This question has been sitting here for a while with no answer. I had to do something like this myself recently, so I thought I'd post an answer.
Here is some sample code that you could adapt to your situation. I've used 2 variables for illustration, but most of the code only depends on the value of n
set at the top. The code at the bottom displays a 3d plot of your function, the minimum, and a contour line indicating the constraint I choose.
n = 2
x = var(",".join(["x%d" % i for i in range(n)]))
a = [-2, 3] # length n
f = sum([a[i]*log(1/x[i]) for i in range(n)])

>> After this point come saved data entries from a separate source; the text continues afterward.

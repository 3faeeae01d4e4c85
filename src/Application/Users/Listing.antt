-- ===== src/Application/Users/Listing.antt =====
-- What a listing returns: one page of all users, the newest first.
use mathlib.Core.List.{Perm}
use ndma_edit.Prelude.{
  ℕ, ◌+◌, ◌-◌, ℤ, pos, negsuc, min, List, length, take, drop, length-take, length-drop, length-map,
  map, ltb, ◌≡◌, refl, sym, ap, ◌∙◌, subst, arith,
}
use ndma_edit.Outcome.{Outcome, ok, err, map_outcome, traverse, ok_inj, length-traverse}
use ndma_edit.Runtime.{Runtime}
use ndma_edit.Domain.User.{User}
use ndma_edit.Infrastructure.Persistence.Models.{UserModel, Tables}
use ndma_edit.Infrastructure.Persistence.Database.{Database, order_by}
use ndma_edit.Infrastructure.Persistence.Mapper.{to_domain}
use ndma_edit.Infrastructure.Persistence.Exec.{UnitOfWork, lift, pure, ◌>>=◌}
use ndma_edit.Infrastructure.Persistence.Repository.{newest_first, list_page}
use ndma_edit.Infrastructure.Persistence.UnitOfWork.{enter, transaction}
use ndma_edit.Application.Messages.{ListUsersQuery}
use ndma_edit.Application.Dto.{UserDto, from_domain, Page, has_next}
use ndma_edit.Application.Users.Handlers.{handle_list}
use ndma_edit.Application.Users.Newest.{
  IsNewestFirst, order-IsNewestFirst, order-perm, length-order_by,
}

-- The rows of a page.
abbrev page_rows : ℕ → ℕ → Tables → List UserModel
page_rows offset limit t = take limit (drop offset (order_by newest_first t.users))

-- What the page of a query is.
pub record IsPageOf (rt : Runtime) (q : ListUsersQuery) (t : Tables) (p : Page UserDto)
    : Type 0 where
  -- all rows of the table, the newest first
  pub rows : List UserModel
  pub users : List User
  pub all_rows : Perm rows t.users
  pub all_count : length rows ≡ length t.users
  pub newest : IsNewestFirst rows
  pub offset_eq : q.offset ≡ pos p.offset
  pub limit_eq : q.limit ≡ pos p.limit
  pub mapped : traverse (to_domain rt) (take p.limit (drop p.offset rows)) ≡ ok users
  pub items_eq : p.items ≡ map (from_domain rt) users
  pub total_eq : p.total ≡ length t.users

next_page : (o l n : ℕ) → ltb (o + min l (n - o)) n ≡ ltb (o + l) n
next_page o l n = ground arith

-- The page that `list_body` builds.
abbrev page_of : Runtime → ℕ → ℕ → List User × ℕ → Page UserDto
page_of rt o l (users, total) = record {
  items = map (from_domain rt) users;
  total = total;
  offset = o;
  limit = l;
}

module _ (rt : Runtime) (db : Database) where
  open db use {Session}

  built :
      (r : Outcome (List User)) (n o l : ℕ) (u : UnitOfWork Session) (p : Page UserDto)
      → ((lift (map_outcome (λ (users : List User). (users, n)) r) >>= λ found.
            pure (page_of rt o l found))
          u).0
        ≡ ok p
      → (users : List User) × (r ≡ ok users) × (p ≡ page_of rt o l (users, n))
  built (ok users) n o l u p h = (users, refl, sym (ok_inj h))
  built (err e) n o l u p h = cc

  list_page-of :
      (o l : ℤ) (t : Tables) (p : Page UserDto)
      → (handle_list rt db (record { offset = o; limit = l }) t).0 ≡ ok p
      → IsPageOf rt (record { offset = o; limit = l }) t p
  unfolding handle_list transaction list_page enter
  list_page-of (pos o) (pos l) t p h =
      let s = db.connect t in
      let (users, found, e) =
        built (traverse (to_domain rt) (db.select_page newest_first o l s)) (db.count_users s) o l _
          p h in
      subst (IsPageOf rt (record { offset = pos o; limit = pos l }) t) (sym e) (record {
        rows = order_by newest_first t.users;
        users = users;
        all_rows = order-perm newest_first t.users;
        all_count = length-order_by newest_first t.users;
        newest = order-IsNewestFirst t.users;
        offset_eq = refl;
        limit_eq = refl;
        mapped =
            sym (
              ap (traverse (to_domain rt))
                (db.select_page_lem newest_first o l s ∙ rw (db.view-connect t) refl))
            ∙ found;
        items_eq = refl;
        total_eq = db.count_users_lem s ∙ rw (db.view-connect t) refl;
      })
  list_page-of (pos o) (negsuc l) t p h = cc
  list_page-of (negsuc o) l t p h = cc

  -- A listing that returns has the users of the rows `offset` to `offset + limit` of a list of all rows
  -- in which none was registered later than one before it, and of two that were registered at one time
  -- the smaller id is first. It counts all rows, and says that there is a next page exactly when rows
  -- lie behind those.
  pub handle_list-ok :
      (q : ListUsersQuery) (t : Tables) (p : Page UserDto)
      → (handle_list rt db q t).0 ≡ ok p
      → IsPageOf rt q t p × (has_next p ≡ ltb (p.offset + p.limit) p.total)
  unfolding has_next
  handle_list-ok q t p h = (is_page, next)
    where
      is_page : IsPageOf rt q t p
      is_page = list_page-of q.offset q.limit t p h

      count : length p.items ≡ min p.limit (length t.users - p.offset)
      count =
          ap length is_page.items_eq
          ∙ length-map (from_domain rt) is_page.users
          ∙ length-traverse (to_domain rt) (take p.limit (drop p.offset is_page.rows)) is_page.users
              is_page.mapped
          ∙ length-take p.limit (drop p.offset is_page.rows)
          ∙ ap (min p.limit)
              (length-drop p.offset is_page.rows ∙ ap (λ n. n - p.offset) is_page.all_count)

      next : ltb (p.offset + length p.items) p.total ≡ ltb (p.offset + p.limit) p.total
      next = rw (count, is_page.total_eq) (next_page p.offset p.limit (length t.users))
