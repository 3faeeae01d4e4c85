-- ===== src/Application/Users/Stale.antt =====
-- Two requests that have read one user: the version check of `save` in
-- backend/src/app/infrastructure/persistence/repositories/sqlalchemy_user_repository.py. The UPDATE of
-- the second sees what the first has committed.
use ndma_edit.Prelude.{
  ℕ, List, [], ◌∷◌, false, codes, keep, change, length, All, ◌≡◌, refl, sym, ap, ◌∙◌, subst, arith,
  Bool-cases, inl, inr,
}
use ndma_edit.Outcome.{Outcome, ok, err, user_concurrency_conflict}
use ndma_edit.Runtime.{Runtime}
use ndma_edit.Domain.User.{User}
use ndma_edit.Infrastructure.Persistence.Models.{UserModel, Tables}
use ndma_edit.Infrastructure.Persistence.Database.{Database}
use ndma_edit.Infrastructure.Persistence.Repository.{is_current, updated, save}
use ndma_edit.Infrastructure.Persistence.UnitOfWork.{enter, transaction}
use ndma_edit.Infrastructure.Persistence.UnitOfWork.Atomic.{transaction-atomic}
use ndma_edit.Infrastructure.Persistence.UnitOfWork.Commit.{transaction-durable}
use ndma_edit.Application.Dto.{UserDto}
use ndma_edit.Application.Users.Handlers.{Draws, save_and_commit}
use ndma_edit.Application.Users.Success.{save_and_commit-ok}
use ndma_edit.Application.Users.Atomicity.{IsAtomic-save_and_commit}

-- No row has the id and the version with which the user was read.
abbrev pub IsStale : User → List UserModel → Type 0
IsStale user = All (λ m. is_current user m ≡ false)

keep-IsStale :
    (user : User) (ms : List UserModel) → IsStale user ms → keep (is_current user) ms ≡ []
unfolding keep
keep-IsStale user [] h = refl
keep-IsStale user (m ∷ ms) h = rw (h.0, keep-IsStale user ms h.1) refl

-- The version that a save writes is not the one that it looked for.
updated-not-current :
    (a b : User) (m : UserModel)
    → a.id ≡ b.id
    → a.version ≡ b.version
    → is_current b (updated a m) ≡ false
unfolding is_current updated
updated-not-current a b m same_id same_version = ground arith

change-IsStale :
    (a b : User) (ms : List UserModel)
    → a.id ≡ b.id
    → a.version ≡ b.version
    → IsStale b (change (is_current a) (updated a) ms)
unfolding change
change-IsStale a b [] e f = tt
change-IsStale a b (m ∷ ms) e f = elim (Bool-cases (is_current a m)) [
  | inl hit ↦ rw hit (updated-not-current a b m e f, change-IsStale a b ms e f)
  | inr miss ↦ rw miss (unfold is_current in rw (← e, ← f) miss, change-IsStale a b ms e f)
]

module _ (rt : Runtime) (db : Database) (max_attempts : ℕ) (d : Draws) where
  -- The conflict that `save` raises.
  abbrev pub conflict_of : User → Outcome UserDto
  conflict_of user = err (user_concurrency_conflict (codes "User") user.id user.version)

  save-stale :
      (user : User) (t : Tables)
      → IsStale user t.users
      → (save_and_commit rt db max_attempts d user (enter db t)).0 ≡ conflict_of user
  unfolding save_and_commit save enter
  save-stale user t stale =
      let p = is_current user in
      let none_hit : (db.update_users p (updated user) (db.connect t)).0 ≡ 0 =
        db.rowcount p (updated user) (db.connect t)
        ∙ ap (λ (x : Tables). length (keep p x.users)) (db.view-connect t)
        ∙ ap length (keep-IsStale user t.users stale) in
      rw none_hit refl

  -- A save of a user whose row was changed or is gone since it was read raises a conflict and changes
  -- nothing.
  pub stale_save_conflicts :
      (user : User) (t : Tables)
      → IsStale user t.users
      → transaction db (save_and_commit rt db max_attempts d user) t ≡ (conflict_of user, t)
  unfolding transaction
  stale_save_conflicts user t stale =
      let r = save-stale user t stale in
      let body = save_and_commit rt db max_attempts d user in
      λ i. (
        r i,
        transaction-atomic db body t _ (IsAtomic-save_and_commit rt db max_attempts d user) r i,
      )

  -- No update is lost: of two requests that have read one user at one version, the second to write
  -- gets a conflict, and the tables are as the first has left them.
  pub no_update_is_lost :
      (d' : Draws) (a b : User) (t : Tables) (dto : UserDto)
      → a.id ≡ b.id
      → a.version ≡ b.version
      → let first = transaction db (save_and_commit rt db max_attempts d' a) t in
        first.0 ≡ ok dto
        → transaction db (save_and_commit rt db max_attempts d b) first.1 ≡ (conflict_of b, first.1)
  unfolding transaction
  no_update_is_lost d' a b t dto e f done =
      let body = save_and_commit rt db max_attempts d' a in
      let (written, _, _, _) = save_and_commit-ok rt db max_attempts d' a t dto done in
      let after = transaction-durable db body t ∙ written in
      stale_save_conflicts b (transaction db body t).1
        (subst (λ (x : Tables). IsStale b x.users) (sym after) (change-IsStale a b t.users e f))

# constraints: either test functions (should be positive in region) or intervals
c2 = lambda u: -1*(u[0]+2.0*u[1]-1) # x1 <= (-1/2)*x0 + 1/2
c3 = lambda u: 5.0-u[0] # x0 and x1 less than 5
c4 = lambda u: 5.0-u[1]
c5 = lambda u: u[0]-0.1 # x0 and x1 bigger than 0.1
c6 = lambda u: u[1]-0.1
# I1 = (0.1, 5) # uncomment if you just want intervals
# I2 = (0.1, 5)
# initial point
p0 = (0.1,0.1)
# find a minimum and evaluate f there
# p = minimize_constrained(f, [I1, I2], p0) # uncomment if you just want intervals
p = minimize_constrained(f, [c2, c3, c4, c5, c6], p0)

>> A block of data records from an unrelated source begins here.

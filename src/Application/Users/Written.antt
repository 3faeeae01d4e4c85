-- ===== src/Application/Users/Written.antt =====
-- What a renaming or a deactivation writes, row by row.
use ndma_edit.Prelude.{
  ℕ, ◌+◌, Text, [], ◌∷◌, ◌++◌, Bool, true, false, ◌==◌, ◌&&◌, Option, some, text_eq, text_eq_iff,
  codes, head?, keep, change, ◌≡◌, refl, sym, ap, ◌∙◌, subst, Bool-cases, inl, inr, if◌then◌else◌,
}
use ndma_edit.Outcome.{ok, >>=-eq-ok, ok_inj}
use ndma_edit.Runtime.{Runtime, Uuid}
use ndma_edit.Domain.Email.{new_email}
use ndma_edit.Domain.DisplayName.{DisplayName, new_display_name}
use ndma_edit.Domain.Aggregate.{
  AggregateRoot, DomainEvent, EventStamp, EventBody, user_renamed, user_deactivated, register_event,
  new_event, mark_persisted, collect_events,
}
use ndma_edit.Domain.User.{User, status_value, deactivated, rename, deactivate, ensure_active}
use ndma_edit.Infrastructure.Persistence.Models.{UserModel, Tables}
use ndma_edit.Infrastructure.Persistence.Database.{Database, HasUniqueKeys}
use ndma_edit.Infrastructure.Persistence.Mapper.{to_domain, parse_status}
use ndma_edit.Infrastructure.Persistence.OutboxRow.{row_of}
use ndma_edit.Infrastructure.Persistence.Repository.{is_current, updated, persisted}
use ndma_edit.Application.Messages.{RenameUserCommand, DeactivateUserCommand}
use ndma_edit.Application.Dto.{UserDto, from_domain}
use ndma_edit.Application.Users.Inputs.{user_id_from_string, rename_inputs}
use ndma_edit.Application.Users.Handlers.{Draws, handle_rename, handle_deactivate}
use ndma_edit.Application.Users.Success.{with_changed}
use ndma_edit.Application.Users.Changes.{handle_rename-ok, handle_deactivate-ok}

-- A root that was read from a row.
abbrev pub root_of : Uuid → ℕ → AggregateRoot
root_of k version = record { id = k; version = version; domain_events = [] }

to_domain-root :
    (rt : Runtime) (m : UserModel) (u : User)
    → to_domain rt m ≡ ok u
    → u.root ≡ root_of m.id m.version
unfolding to_domain
to_domain-root rt m u h =
    let (email, _, h1) = >>=-eq-ok (new_email rt m.email) _ h in
    let (name, _, h2) = >>=-eq-ok (new_display_name m.display_name) _ h1 in
    let (status, _, h3) = >>=-eq-ok (parse_status m.status) _ h2 in
    ap (λ (v : User). v.root) (sym (ok_inj h3))

-- The user as it was read.
abbrev pub read_user : User → Uuid → ℕ → User
read_user before k version = record before { root = root_of k version }

-- The row of a user behind a write, with a name and a status.
abbrev pub written_row : User → Text → Text → ℕ → UserModel → UserModel
written_row before display_name status version m = record {
  id = m.id;
  email = before.email.value;
  display_name = display_name;
  status = status;
  registered_at = before.registered_at;
  version = version + 1;
}

-- Row `k` at a version.
abbrev pub is_row : Uuid → ℕ → UserModel → Bool
is_row k version m = m.id == k && m.version == version

-- The event of a method, written out.
abbrev pub event_of : Uuid → EventStamp → EventBody → DomainEvent
event_of k stamp body = record {
  aggregate_id = k;
  event_id = stamp.event_id;
  occurred_at = stamp.occurred_at;
  event_version = 1;
  body = body;
}

module _ (rt : Runtime) (db : Database) (max_attempts : ℕ) (d : Draws) where
  -- The tables behind a renaming.
  abbrev pub renamed_tables : User → Uuid → ℕ → Text → Tables → Tables
  renamed_tables before k version name t = record {
    users =
        change (is_row k version) (written_row before name (status_value before.status) version)
          t.users;
    outbox =
        t.outbox
        ++ (if text_eq name before.display_name.value
            then []
            else row_of (event_of k d.stamp (user_renamed before.display_name.value name))
                max_attempts (d.now_at 0)
              ∷ []);
  }

  -- The tables behind a deactivation.
  abbrev pub deactivated_tables : User → Uuid → ℕ → Option Text → Tables → Tables
  deactivated_tables before k version reason t = record {
    users =
        change (is_row k version)
          (written_row before before.display_name.value (codes "deactivated") version) t.users;
    outbox =
        t.outbox
        ++ row_of (event_of k d.stamp (user_deactivated reason)) max_attempts (d.now_at 0) ∷ [];
  }

  rename-tables :
      (before after : User) (k : Uuid) (version : ℕ) (name : DisplayName) (t : Tables)
      → rename d.stamp name (read_user before k version) ≡ ok after
      → (with_changed rt db max_attempts d after t ≡ renamed_tables before k version name.value t)
        × (persisted after ≡ record before { root = root_of k (version + 1); display_name = name })
  unfolding rename is_current updated persisted register_event new_event mark_persisted
      collect_events
  rename-tables before after k version name t h =
      let (_, _, made) = >>=-eq-ok (ensure_active (read_user before k version)) _ h in
      elim (Bool-cases (text_eq name.value before.display_name.value)) [
        | inl same ↦
            let made1 : ok (read_user before k version) ≡ ok after = rw same at made in
            let equal : name ≡ before.display_name =
              ap named ((text_eq_iff name.value before.display_name.value).0 same) in
            subst Written (ok_inj made1) (unchanged same equal)
        | inr other ↦
            let made2 : ok renamed ≡ ok after = rw other at made in
            subst Written (ok_inj made2) (changed other)
      ]
    where
      named : Text → DisplayName
      named x = record { value = x }

      renamed : User
      renamed = record before {
        root =
            register_event (new_event k d.stamp (user_renamed before.display_name.value name.value))
              (root_of k version);
        display_name = name;
      }

      Written : User → Type 0
      Written u =
          (with_changed rt db max_attempts d u t ≡ renamed_tables before k version name.value t)
          × (persisted u ≡ record before { root = root_of k (version + 1); display_name = name })

      unchanged :
          text_eq name.value before.display_name.value ≡ true
          → name ≡ before.display_name
          → (with_changed rt db max_attempts d (read_user before k version) t
              ≡ renamed_tables before k version name.value t)
            × (persisted (read_user before k version)
                ≡ record before { root = root_of k (version + 1); display_name = name })
      unchanged same equal = rw (same, equal) (refl, refl)

      changed :
          text_eq name.value before.display_name.value ≡ false
          → (with_changed rt db max_attempts d renamed t
              ≡ renamed_tables before k version name.value t)
            × (persisted renamed
                ≡ record before { root = root_of k (version + 1); display_name = name })
      changed other = rw other (refl, refl)

  deactivate-tables :
      (before after : User) (k : Uuid) (version : ℕ) (reason : Option Text) (t : Tables)
      → deactivate d.stamp reason (read_user before k version) ≡ ok after
      → (with_changed rt db max_attempts d after t ≡ deactivated_tables before k version reason t)
        × (persisted after ≡ record before { root = root_of k (version + 1); status = deactivated })
  unfolding deactivate is_current updated persisted register_event new_event mark_persisted
      collect_events status_value
  deactivate-tables before after k version reason t h =
      let (_, _, made) = >>=-eq-ok (ensure_active (read_user before k version)) _ h in
      subst
        (λ (u : User).
          (with_changed rt db max_attempts d u t ≡ deactivated_tables before k version reason t)
          × (persisted u ≡ record before { root = root_of k (version + 1); status = deactivated }))
        (ok_inj made) (refl, refl)

  as_read :
      (row : UserModel) (before : User)
      → to_domain rt row ≡ ok before
      → before ≡ read_user before row.id row.version
  as_read row before mapped =
      ap (λ (r : AggregateRoot). record before { root = r }) (to_domain-root rt row before mapped)

  -- A renaming that returns has read the first row of the given id as a user, and written exactly this:
  -- in the row of that id and version the email, the given name, the status and the date of
  -- registration of the user, and a version one higher; and behind the outbox one row, that of the
  -- event of the renaming, or none if the name was the same. It returns the user with that name and
  -- version, and no two rows share an id or an email.
  pub handle_rename-writes :
      (c : RenameUserCommand) (t : Tables) (dto : UserDto)
      → (handle_rename rt db max_attempts d c t).0 ≡ ok dto
      → (k : Uuid) × (name : DisplayName) × (row : UserModel) × (before : User) × (rename_inputs rt
            c
          ≡ ok (k, name))
        × (head? (keep (λ m. m.id == k) t.users) ≡ some row)
        × (to_domain rt row ≡ ok before)
        × ((handle_rename rt db max_attempts d c t).1
            ≡ renamed_tables before row.id row.version name.value t)
        × (dto
            ≡ from_domain rt
                (record before { root = root_of row.id (row.version + 1); display_name = name }))
        × HasUniqueKeys (handle_rename rt db max_attempts d c t).1.users
  handle_rename-writes c t dto h =
      let (k, name, inputs, changed) = handle_rename-ok rt db max_attempts d c t dto h in
      let row = changed.row in
      let before = changed.before in
      let method =
        subst (λ (u : User). rename d.stamp name u ≡ ok changed.after)
          (as_read row before changed.mapped) changed.changed in
      let (tables, reply) = rename-tables before changed.after row.id row.version name t method in
      (
        k,
        name,
        row,
        before,
        inputs,
        changed.found,
        changed.mapped,
        changed.written ∙ tables,
        changed.reply ∙ ap (from_domain rt) reply,
        changed.unique,
      )

  -- A deactivation that returns has read the first row of the given id as a user, and written exactly
  -- this: in the row of that id and version the status "deactivated", what else the user was read
  -- with, and a version one higher; and behind the outbox one row, that of the event of the
  -- deactivation with the reason. It returns the user with that status and version, and no two rows
  -- share an id or an email.
  pub handle_deactivate-writes :
      (c : DeactivateUserCommand) (t : Tables) (dto : UserDto)
      → (handle_deactivate rt db max_attempts d c t).0 ≡ ok dto
      → (k : Uuid) × (row : UserModel) × (before : User) × (user_id_from_string rt c.user_id ≡ ok k)
        × (head? (keep (λ m. m.id == k) t.users) ≡ some row)
        × (to_domain rt row ≡ ok before)
        × ((handle_deactivate rt db max_attempts d c t).1
            ≡ deactivated_tables before row.id row.version c.reason t)
        × (dto
            ≡ from_domain rt
                (record before { root = root_of row.id (row.version + 1); status = deactivated }))
        × HasUniqueKeys (handle_deactivate rt db max_attempts d c t).1.users
  handle_deactivate-writes c t dto h =
      let (k, inputs, changed) = handle_deactivate-ok rt db max_attempts d c t dto h in
      let row = changed.row in
      let before = changed.before in
      let method =
        subst (λ (u : User). deactivate d.stamp c.reason u ≡ ok changed.after)
          (as_read row before changed.mapped) changed.changed in
      let (tables, reply) =
        deactivate-tables before changed.after row.id row.version c.reason t method in
      (
        k,
        row,
        before,
        inputs,
        changed.found,
        changed.mapped,
        changed.written ∙ tables,
        changed.reply ∙ ap (from_domain rt) reply,
        changed.unique,
      )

eval_dict = dict([ ("x%d" % i, p[i]) for i in range(n) ])
fmin = f(**eval_dict) # evaluate f at arbitrarily many inputs
print "min occurs at p = ", p, "fmin = ", fmin
# show the minimum and constraints
P = plot3d(f, (x[0], 0.1, 5), (x[1], 0.1,5))
P += point3d((p[0],p[1],fmin), size=20, color='red')
P += parametric_plot3d([lambda s:s, lambda s: -(1/2)*s+1/2, lambda s: f(x0=s, x1=-(1/2)*s+1/2)], (0.1, 0.9),color='red')
show(P)
Are you trying to minimize the function numerically or analytically? And what is the the variable with respect to which you wish to minimize? I don't know whether this helps but try looking at the command "minimize_constrained". You can find more about the command on http://www.sagemath.org/doc/reference/sage/numerical/optimize.html
I'll try to make the question more clear.
for minimizing, you need convexity, not concavity.... Anyhow, writing the function as $-\sum_i a_i\log x_i$ looks more meaningful.